In a new study, researchers estimate that more than 100,000 people were already infected with COVID-19 by early March—when only 1,514 cases and 39 deaths had been officially reported and before a national emergency was declared.

The study provides insight into how limited testing and gaps in surveillance during the initial phase of the epidemic resulted in so many cases going undetected.

The research was conducted by a team from the University of Notre Dame.

According to the Centers for Disease Control and Prevention, the first confirmed case of COVID-19 in the United States was reported in January.

Early guidance on identifying possible infection included respiratory symptoms, and travel to Wuhan, China—where an outbreak occurred in December 2019.

While awareness and concern over COVID-19 grew from January to March, it wasn’t until Feb. 29 that Washington became the first state to declare a state of emergency—closing schools and restaurants and imposing restrictions on large gatherings.

By mid-March, several states followed, but a lack of a coordinated national response created a number of variables as each state decided for itself how to react to a rising number of cases.

By focusing their analysis on the January to March timeframe, when little to no action had been taken on a wide scale, the team was able to incorporate a constant into their models.

While other studies provide a sense of how school closures and lockdowns slowed the spread of the virus, looking at transmission for the first three months of the year gave the epidemiologists a clearer picture of how the virus emerged and spread throughout the country so quickly.

The team looked at the United States now and compare it to other countries like South Korea or Germany, New Zealand or Vietnam, any number of countries that have done a much, much better job controlling transmission.

The key differences really come down to the time period they examined in this study. Those countries had adequate surveillance up and running at that time, whereas throughout most of February the United States missed the vast majority of infections that were already out there.

The study used a simulation model beginning on Jan. 1, using data reported by Johns Hopkins University on confirmed cases and deaths, accounting for asymptomatic infections, case-fatality rates, and local transmission.

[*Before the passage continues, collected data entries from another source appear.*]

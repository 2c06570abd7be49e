-- ===== src/Link/Service/Routes.antt =====
-- Where a request goes: the mux, and behind it the two generated handlers.
use rook_host.Base.{◌≡◌, ◌⊎◌, inl, inr, refl, Option, some, none, arith, Bool-cases, ap, ◌∙◌}
use rook_host.Base.Bytes.{Bytes, has_prefix}
use rook_host.Rpc.{CallKind, mux, best_mount}
use rook_host.Rpc.Link.{
  HostMethod, LinkMethod, host_pattern, link_pattern, host_procedure, link_procedure, host_handler,
  link_handler, host_call, link_call, new_host_service_client, new_link_service_client,
}
use rook_host.Rpc.Routes.{
  Arrives, host_call-Arrives, link_call-Arrives, host_handler-procedure, link_handler-procedure,
}
use rook_host.Link.Service.{Method, host, link, route, as_host, as_link}

-- The path of a method.
abbrev pub procedure : Method → Bytes
procedure (host m) = host_procedure m
procedure (link m) = link_procedure m

-- The call of a method by the generated client for a base URL.
abbrev pub call : Bytes → Method → CallKind × Bytes
call base (host m) = host_call (new_host_service_client base) m
call base (link m) = link_call (new_link_service_client base) m

from_host :
    (o : Option (CallKind × HostMethod)) (kind : CallKind) (m : Method)
    → as_host o ≡ some (kind, m)
    → (x : HostMethod) × (o ≡ some (kind, x)) × (m ≡ host x)
from_host none kind m h = absurd (cc)
from_host (some (k, x)) kind m h = (x, cc, cc)

from_link :
    (o : Option (CallKind × LinkMethod)) (kind : CallKind) (m : Method)
    → as_link o ≡ some (kind, m)
    → (x : LinkMethod) × (o ≡ some (kind, x)) × (m ≡ link x)
from_link none kind m h = absurd (cc)
from_link (some (k, x)) kind m h = (x, cc, cc)

-- What the mux finds, one of the two handlers has found.
route_from :
    (path : Bytes) (kind : CallKind) (m : Method)
    → route path ≡ some (kind, m)
    → (as_host (host_handler path) ≡ some (kind, m))
      ⊎ (as_link (link_handler path) ≡ some (kind, m))
unfolding route mux best_mount
route_from path kind m h = elim (Bool-cases (has_prefix path host_pattern)) [
  | inl e ↦ inl (ground arith)
  | inr e ↦ elim (Bool-cases (has_prefix path link_pattern)) [
    | inl f ↦ inr (ground arith)
    | inr f ↦ absurd (ground arith)
  ]
]

pub route-procedure :
    (path : Bytes) (kind : CallKind) (m : Method) → route path ≡ some (kind, m) → path ≡ procedure m
route-procedure path kind m h = elim (route_from path kind m h) [
  | inl e ↦
      let (x, f, g) = from_host (host_handler path) kind m e in
      rw g (host_handler-procedure path kind x f)
  | inr e ↦
      let (x, f, g) = from_link (link_handler path) kind m e in
      rw g (link_handler-procedure path kind x f)
]

-- The mux picks the handler of the method's service.
route-host : (m : HostMethod) → route (host_procedure m) ≡ as_host (host_handler (host_procedure m))
unfolding route mux best_mount has_prefix host_procedure
route-host HostMethod.get_host_info = refl
route-host HostMethod.pair = refl
route-host HostMethod.challenge = refl
route-host HostMethod.authenticate = refl

route-link : (m : LinkMethod) → route (link_procedure m) ≡ as_link (link_handler (link_procedure m))
unfolding route mux best_mount has_prefix link_procedure
route-link LinkMethod.get_status = refl
route-link LinkMethod.watch_status = refl
route-link LinkMethod.submit_answer = refl
route-link LinkMethod.submit_command = refl
route-link LinkMethod.get_digest = refl
route-link LinkMethod.watch_pane = refl

call-Arrives : (base : Bytes) (m : Method) → Arrives route base (procedure m) m (call base m)
call-Arrives base (host m) =
    let (url, found) = host_call-Arrives base m in (url, route-host m ∙ ap as_host found)
call-Arrives base (link m) =
    let (url, found) = link_call-Arrives base m in (url, route-link m ∙ ap as_link found)

-- Every call of a method of either service by its generated client goes to a path below the base
-- URL where the mux of the server finds that method, as a call of the same kind; and the mux finds
-- a method on no path but its procedure.
pub calls_arrive :
    (base : Bytes) (m : Method)
    → Arrives route base (procedure m) m (call base m)
      × ((path : Bytes) (kind : CallKind) → route path ≡ some (kind, m) → path ≡ procedure m)
calls_arrive base m = (call-Arrives base m, λ path kind h. route-procedure path kind m h)
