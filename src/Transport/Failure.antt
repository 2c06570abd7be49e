-- ===== src/Transport/Failure.antt =====
-- What Err reports over the life of a listener.
use rook_host.Base.{
  ◌≡◌, ◌∙◌, refl, ap, Option, none, some, true, false, ℕ, List, [], ◌∷◌, ◌++◌, arith, if◌then◌else◌,
}
use mathlib.Core.List.{append_assoc, append-nil}
use rook_host.Base.Result.{ok}
use rook_host.Transport.{
  Listener, ServeEnd, server_closed, failed, listen, serve_returns, listener_err, shutdown,
}

-- ServeTLS returns, which it does once; a call of Err; a call of Shutdown.
pub data ListenerEvent (E : Type 0) : Type 0 where
  returns : ServeEnd E → ListenerEvent E
  asked : ListenerEvent E
  shut_down : ListenerEvent E

module _ {E : Type 0} where
  -- An answer of Err, as what it reports.
  abbrev pub reported : Option E → List E
  reported none = []
  reported (some e) = e ∷ []

  unfoldable pub step : ListenerEvent E → Listener E → List E × Listener E
  unfolding serve_returns listener_err
  step (returns how) l = ([], if l.serving then serve_returns how l else l)
  step asked l = (reported (listener_err l).0, (listener_err l).1)
  step shut_down l = ([], shutdown l)

  -- Everything that the calls of Err report, in order, and the listener that is left.
  unfoldable pub run : List (ListenerEvent E) → Listener E → List E × Listener E
  unfolding step
  run [] l = ([], l)
  run (e ∷ es) l = let (now, l') = step e l in let (later, l'') = run es l' in (now ++ later, l'')

  abbrev failure : ServeEnd E → List E
  failure server_closed = []
  failure (failed e) = e ∷ []

  -- How ServeTLS failed, if it has.
  abbrev pub failures : List (ListenerEvent E) → List E
  failures [] = []
  failures (returns how ∷ es) = failure how
  failures (asked ∷ es) = failures es
  failures (shut_down ∷ es) = failures es

  -- After the return, what is held is still to be reported.
  run_returned :
      (es : List (ListenerEvent E)) (l : Listener E)
      → l.serving ≡ false
      → (run es l).0 ++ reported (run es l).1.done.held ≡ reported l.done.held
  unfolding run
  run_returned [] l s = refl
  run_returned (returns how ∷ es) l s = ground (arith, run_returned es l s)
  run_returned (asked ∷ es) l s =
      let l' = (listener_err l).1 in
      append_assoc (reported l.done.held) (run es l').0 (reported (run es l').1.done.held)
      ∙ ap (λ t. reported l.done.held ++ t) (run_returned es l' s)
      ∙ append-nil (reported l.done.held)
  run_returned (shut_down ∷ es) l s = run_returned es (shutdown l) s

  run_serving :
      (es : List (ListenerEvent E)) (l : Listener E)
      → l.serving ≡ true
      → l.done.held ≡ none
      → (run es l).0 ++ reported (run es l).1.done.held ≡ failures es
  unfolding run
  run_serving [] l s h = rw h refl
  run_serving (returns server_closed ∷ es) l s h =
      let l' = serve_returns server_closed l in ground (arith, run_returned es l' refl)
  run_serving (returns (failed e) ∷ es) l s h =
      let l' = serve_returns (failed e) l in ground (arith, run_returned es l' refl)
  run_serving (asked ∷ es) l s h =
      let l' = (listener_err l).1 in ground (arith, run_serving es l' s refl)
  run_serving (shut_down ∷ es) l s h = run_serving es (shutdown l) s h

  -- A failure of ServeTLS is reported once and never lost: over any life of a new listener, what
  -- the calls of Err report, followed by what is still waiting to be reported, is the failure if
  -- ServeTLS has returned one, and nothing otherwise, ErrServerClosed included.
  pub failure_reported_once :
      (port : ℕ) (es : List (ListenerEvent E)) (l : Listener E)
      → listen (ok port) ≡ ok l
      → (run es l).0 ++ reported (run es l).1.done.held ≡ failures es
  unfolding listen
  failure_reported_once port es l h = run_serving es l (ground (arith, h)) (ground (arith, h))
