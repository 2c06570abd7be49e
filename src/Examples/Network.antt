-- ===== src/Examples/Network.antt =====
-- What goes over the network: a listener, an advertisement, and the calls of the generated clients.
use rook_host.Base.{
  ◌≡◌, ◌≢◌, ◌++◌, ◌<◌, ◌%◌, ◌/◌, ◌*◌, ℕ, refl, true, false, none, some, List, [], ◌∷◌, length, map,
  if◌then◌else◌,
}
use rook_host.Base.Bytes.{Bytes, codes, str_eq}
use rook_host.Base.Map.{empty}
use rook_host.Base.Time.{second}
use rook_host.Base.Result.{ok, err}
use rook_host.Bonjour.{
  Info, Registration, Responder, Config, txt_keys, entry, empty_record, advertise_system,
  advertise_dnssd, txt, txt_record,
}
use rook_host.Bonjour.Txt.{read_txt}
use rook_host.Bonjour.Advertised.{hint, registered_as_advertised}
use rook_host.Rpc.{CallKind}
use rook_host.Rpc.Edge.{EdgeMethod, edge_procedure, edge_handler}
use rook_host.Rpc.Link.{LinkMethod}
use rook_host.Rpc.Routes.{Arrives}
use rook_host.Edgeclient.Bearer.{authorization, new_rpc, rpc_call, calls_carry_token}
use rook_host.Link.Service.{link, route}
use rook_host.Link.Service.Routes.{procedure, call, calls_arrive}
use rook_host.Transport.{Listener, failed, version_tls13, new_done, listen}
use rook_host.Transport.Failure.{
  ListenerEvent, returns, asked, shut_down, run, reported, failure_reported_once,
}

abbrev advertised : Info
advertised = record {
  name = codes "mac";
  port = 7777;
  host_id = codes "h";
  trust_domain_id = codes "t";
  protocol_version = codes "rook-link/1";
}

recorded :
    txt_record (txt advertised)
    ≡ ok (3 ∷ codes "v=1" ++ 5 ∷ codes "hid=h" ++ 4 ∷ codes "td=t" ++ 14 ∷ codes "pv=rook-link/1")
unfolding txt_record txt str_eq
recorded = refl

abbrev daemon : Registration → ℕ
daemon r = 0

abbrev responder : Responder
responder = record { new_service = λ c. true; new_responder = true; add = λ c. true }

registered_as_advertised_example :
    (advertise_system daemon advertised ≢ err empty_record)
    × ((r : Registration)
        → advertise_system daemon advertised ≡ ok r
        → (r.name ≡ codes "mac")
          × (read_txt r.txt_record ≡ some (hint advertised))
          × (r.txt_length ≡ length r.txt_record)
          × (7777 < 65536 → (r.port % 256 ≡ 30) × (r.port / 256 ≡ 97)))
    × ((c : Config)
        → advertise_dnssd responder advertised ≡ ok c
        → (c.name ≡ codes "mac")
          × (c.port ≡ 7777)
          × (map (entry c.text) txt_keys ≡ hint advertised))
registered_as_advertised_example = registered_as_advertised daemon responder advertised

-- The stream that wakes the client carries the token too.
calls_carry_token_example :
    (let (call, header') =
        rpc_call (new_rpc (codes "https://c/") (codes "t")) EdgeMethod.watch_edge empty in
      Arrives edge_handler
        (codes "https://c/")
        (edge_procedure EdgeMethod.watch_edge)
        EdgeMethod.watch_edge
        call
      × ((path : Bytes) (kind : CallKind)
          → edge_handler path ≡ some (kind, EdgeMethod.watch_edge)
          → path ≡ edge_procedure EdgeMethod.watch_edge)
      × ((name : Bytes)
          → header' name ≡ (if str_eq authorization name then some (codes "Bearer t") else none)))
calls_carry_token_example =
    calls_carry_token (codes "https://c/") (codes "t") EdgeMethod.watch_edge empty

calls_arrive_example :
    Arrives route
      (codes "https://h//")
      (procedure (link LinkMethod.watch_pane))
      (link LinkMethod.watch_pane)
      (call (codes "https://h//") (link LinkMethod.watch_pane))
    × ((path : Bytes) (kind : CallKind)
        → route path ≡ some (kind, link LinkMethod.watch_pane)
        → path ≡ procedure (link LinkMethod.watch_pane))
calls_arrive_example = calls_arrive (codes "https://h//") (link LinkMethod.watch_pane)

-- A listener whose serving fails.
abbrev listener : Listener Bytes
listener = record {
  port = 7777;
  min_version = version_tls13;
  read_header_timeout = 10 * second;
  serving = true;
  closing = false;
  done = new_done;
}

listening : listen (ok 7777) ≡ ok listener
unfolding listen
listening = refl

abbrev life : List (ListenerEvent Bytes)
life = asked ∷ returns (failed (codes "e")) ∷ asked ∷ shut_down ∷ asked ∷ []

failure_reported_once_example :
    (run life listener).0 ++ reported (run life listener).1.done.held ≡ codes "e" ∷ []
failure_reported_once_example = failure_reported_once 7777 life listener listening
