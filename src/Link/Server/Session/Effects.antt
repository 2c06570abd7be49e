-- ===== src/Link/Server/Session/Effects.antt =====
-- Who may reach the executor, and with what.
use rook_host.Base.{
  ◌≡◌, ◌⊎◌, ◌↔◌, inl, inr, refl, some, true, false, ◌∷◌, Option, arith, Option-cases, Bool-cases,
}
use rook_host.Base.Bytes.{Bytes, is_empty, has_prefix, trim_prefix}
use rook_host.Base.Time.{Time, before}
use rook_host.Base.Result.{ok, err, Result-cases}
use rook_host.Projection.Command.{Command, Answer, valid_command, valid_answer}
use rook_host.Registry.{allowed}
use rook_host.Registry.Book.{cap_agent_answer, cap_agent_command}
use rook_host.Registry.Storage.{JsonCodec}
use rook_host.Base.Disk.{Fault}
use rook_host.Link.Convert.Enums.{kind_from_proto, disposition_to_proto}
use rook_host.Link.Errors.{LinkError, invalid}
use rook_host.Link.Tokens.{Session, resolve}
use rook_host.Link.Server.{Server, Host, answer, execute}
use rook_host.Link.Server.Session.{
  authorize, bearer_prefix, submit_answer, submit_command, CommandRequest, AnswerRequest,
  CommandResponse, AnswerResponse,
}

-- The header carries a live token of the device, and the registry allows the device the capability.
abbrev pub IsSanctioned : Server → Bytes → Bytes → Time → Bytes → Type 0
IsSanctioned s bearer capability now id =
    (has_prefix bearer bearer_prefix ≡ true)
    × ((session : Session) × (s.tokens (trim_prefix bearer bearer_prefix) ≡ some session)
        × (before now session.expires ≡ true)
        × (session.device_id ≡ id))
    × (is_empty id ≡ false)
    × (allowed s.reg id capability ≡ ok tt)

-- The entry of the token that the header carries.
abbrev session_of : Server → Bytes → Option Session
session_of s bearer = s.tokens (trim_prefix bearer bearer_prefix)

pub authorize_sound :
    (s : Server) (bearer capability : Bytes) (now : Time) (id : Bytes)
    → (authorize s bearer capability now).0 ≡ ok id
    → IsSanctioned s bearer capability now id
unfolding authorize resolve
authorize_sound s bearer capability now id h = elim (Bool-cases (has_prefix bearer bearer_prefix)) [
  | inr e ↦ absurd (ground arith)
  | inl e ↦ elim (Option-cases (session_of s bearer)) [
    | inl t ↦ absurd (ground arith)
    | inr (session, t) ↦ elim (Bool-cases (before now session.expires)) [
      | inr x ↦ absurd (ground arith)
      | inl x ↦ elim (Bool-cases (is_empty session.device_id)) [
        | inl y ↦ absurd (ground arith)
        | inr y ↦ elim (Result-cases (allowed s.reg session.device_id capability)) [
          | inl (f, z) ↦ absurd (ground arith)
          | inr (u, z) ↦
              let same : session.device_id ≡ id = ground arith in
              (e, (session, t, x, same), ground arith, ground arith)
        ]
      ]
    ]
  ]
]

authorize_complete :
    (s : Server) (bearer capability : Bytes) (now : Time) (id : Bytes)
    → IsSanctioned s bearer capability now id
    → (authorize s bearer capability now).0 ≡ ok id
unfolding authorize resolve
authorize_complete s bearer capability now id (p, (session, t, l, i), e, a) = ground arith

-- A header is accepted exactly where it carries the prefix and a token that is known, not expired
-- and minted for the device, and the registry allows that device the capability at that moment.
pub authorize-exact :
    (s : Server) (bearer capability : Bytes) (now : Time) (id : Bytes)
    → ((authorize s bearer capability now).0 ≡ ok id) ↔ IsSanctioned s bearer capability now id
authorize-exact s bearer capability now id =
    (authorize_sound s bearer capability now id, authorize_complete s bearer capability now id)

effects-authorize :
    (s : Server) (bearer capability : Bytes) (now : Time)
    → (authorize s bearer capability now).1.effects ≡ s.effects
unfolding authorize
effects-authorize s bearer capability now = ground arith

module _ (json : JsonCodec) (host : Host) (s : Server) (bearer : Bytes)
    (now validated_at touched_at : Time) (fault : Fault) where
  -- The executor is told nothing by a command that is refused; it is told one command by a command
  -- that is answered, and then the header was accepted for a device with the capability
  -- agent.command, what the executor is told is what the validation returns, and the answer
  -- names that command.
  pub submit_command-authorized :
      (m : CommandRequest)
      → (let (result, s') = submit_command json host s bearer m now validated_at touched_at fault in
          ((e : LinkError) × (result ≡ err e) × (s'.effects ≡ s.effects))
          ⊎ ((r : CommandResponse) × (id : Bytes) × (c : Command) × (result ≡ ok r)
              × IsSanctioned s bearer cap_agent_command now id
              × (valid_command
                    (kind_from_proto m.kind)
                    m.session_id
                    m.workspace
                    m.prompt
                    validated_at
                  ≡ ok c)
              × (s'.effects ≡ execute c ∷ s.effects)
              × (r.command_id ≡ c.id)))
  unfolding submit_command
  submit_command-authorized m = elim (Result-cases (authorize s bearer cap_agent_command now).0) [
    | inl (e, h) ↦
        inl (e, ground arith, ground (arith, effects-authorize s bearer cap_agent_command now))
    | inr (id, h) ↦
        elim (Result-cases
          (valid_command (kind_from_proto m.kind) m.session_id m.workspace m.prompt validated_at)) [
            | inl (e, v) ↦ inl (
              invalid e,
              ground arith,
              ground (arith, effects-authorize s bearer cap_agent_command now),
            )
            | inr (c, v) ↦
                let out =
                  host.exec (authorize s bearer cap_agent_command now).1.effects (execute c) in
                let r : CommandResponse = record {
                  command_id = c.id;
                  disposition = disposition_to_proto out.disposition;
                  note = out.note;
                } in
                inr (
                  r,
                  id,
                  c,
                  ground arith,
                  authorize_sound s bearer cap_agent_command now id h,
                  v,
                  ground (arith, effects-authorize s bearer cap_agent_command now),
                  refl,
                )
          ]
  ]

  -- The same for an answer, with the capability agent.answer.
  pub submit_answer-authorized :
      (m : AnswerRequest)
      → (let (result, s') = submit_answer json host s bearer m now validated_at touched_at fault in
          ((e : LinkError) × (result ≡ err e) × (s'.effects ≡ s.effects))
          ⊎ ((r : AnswerResponse) × (id : Bytes) × (a : Answer) × (result ≡ ok r)
              × IsSanctioned s bearer cap_agent_answer now id
              × (valid_answer m.ask_id m.text validated_at ≡ ok a)
              × (s'.effects ≡ answer a ∷ s.effects)))
  unfolding submit_answer
  submit_answer-authorized m = elim (Result-cases (authorize s bearer cap_agent_answer now).0) [
    | inl (e, h) ↦
        inl (e, ground arith, ground (arith, effects-authorize s bearer cap_agent_answer now))
    | inr (id, h) ↦ elim (Result-cases (valid_answer m.ask_id m.text validated_at)) [
      | inl (e, v) ↦
          inl (
            invalid e,
            ground arith,
            ground (arith, effects-authorize s bearer cap_agent_answer now),
          )
      | inr (a, v) ↦
          let out = host.exec (authorize s bearer cap_agent_answer now).1.effects (answer a) in
          let r : AnswerResponse = record {
            disposition = disposition_to_proto out.disposition;
            note = out.note;
          } in
          inr (
            r,
            id,
            a,
            ground arith,
            authorize_sound s bearer cap_agent_answer now id h,
            v,
            ground (arith, effects-authorize s bearer cap_agent_answer now),
          )
    ]
  ]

The team first generated an estimate of total infections in the U.S. through March 12. They then factored in how the detection of symptomatic infections changed over time and estimated the number of unobserved infections during this time.

A significant aspect of the analysis is the model’s incorporation of many uncertainties that played out in the early days of the epidemic in the U.S.

The number of unobserved and unreported infections also speaks to how critical containment strategies are when battling infectious diseases.

The potential for misdiagnosis and the limitations of surveillance are huge issues across infectious diseases, especially emerging infectious diseases.

As illustrated in the COVID-19 study, while public health officials must work quickly to understand how a new virus functions, without appropriate testing or coordinated response strategies the risk grows for infections to go unreported.

One author of the study is Alex Perkins, an associate professor in the Department of Biological Sciences

The study is published in PNAS.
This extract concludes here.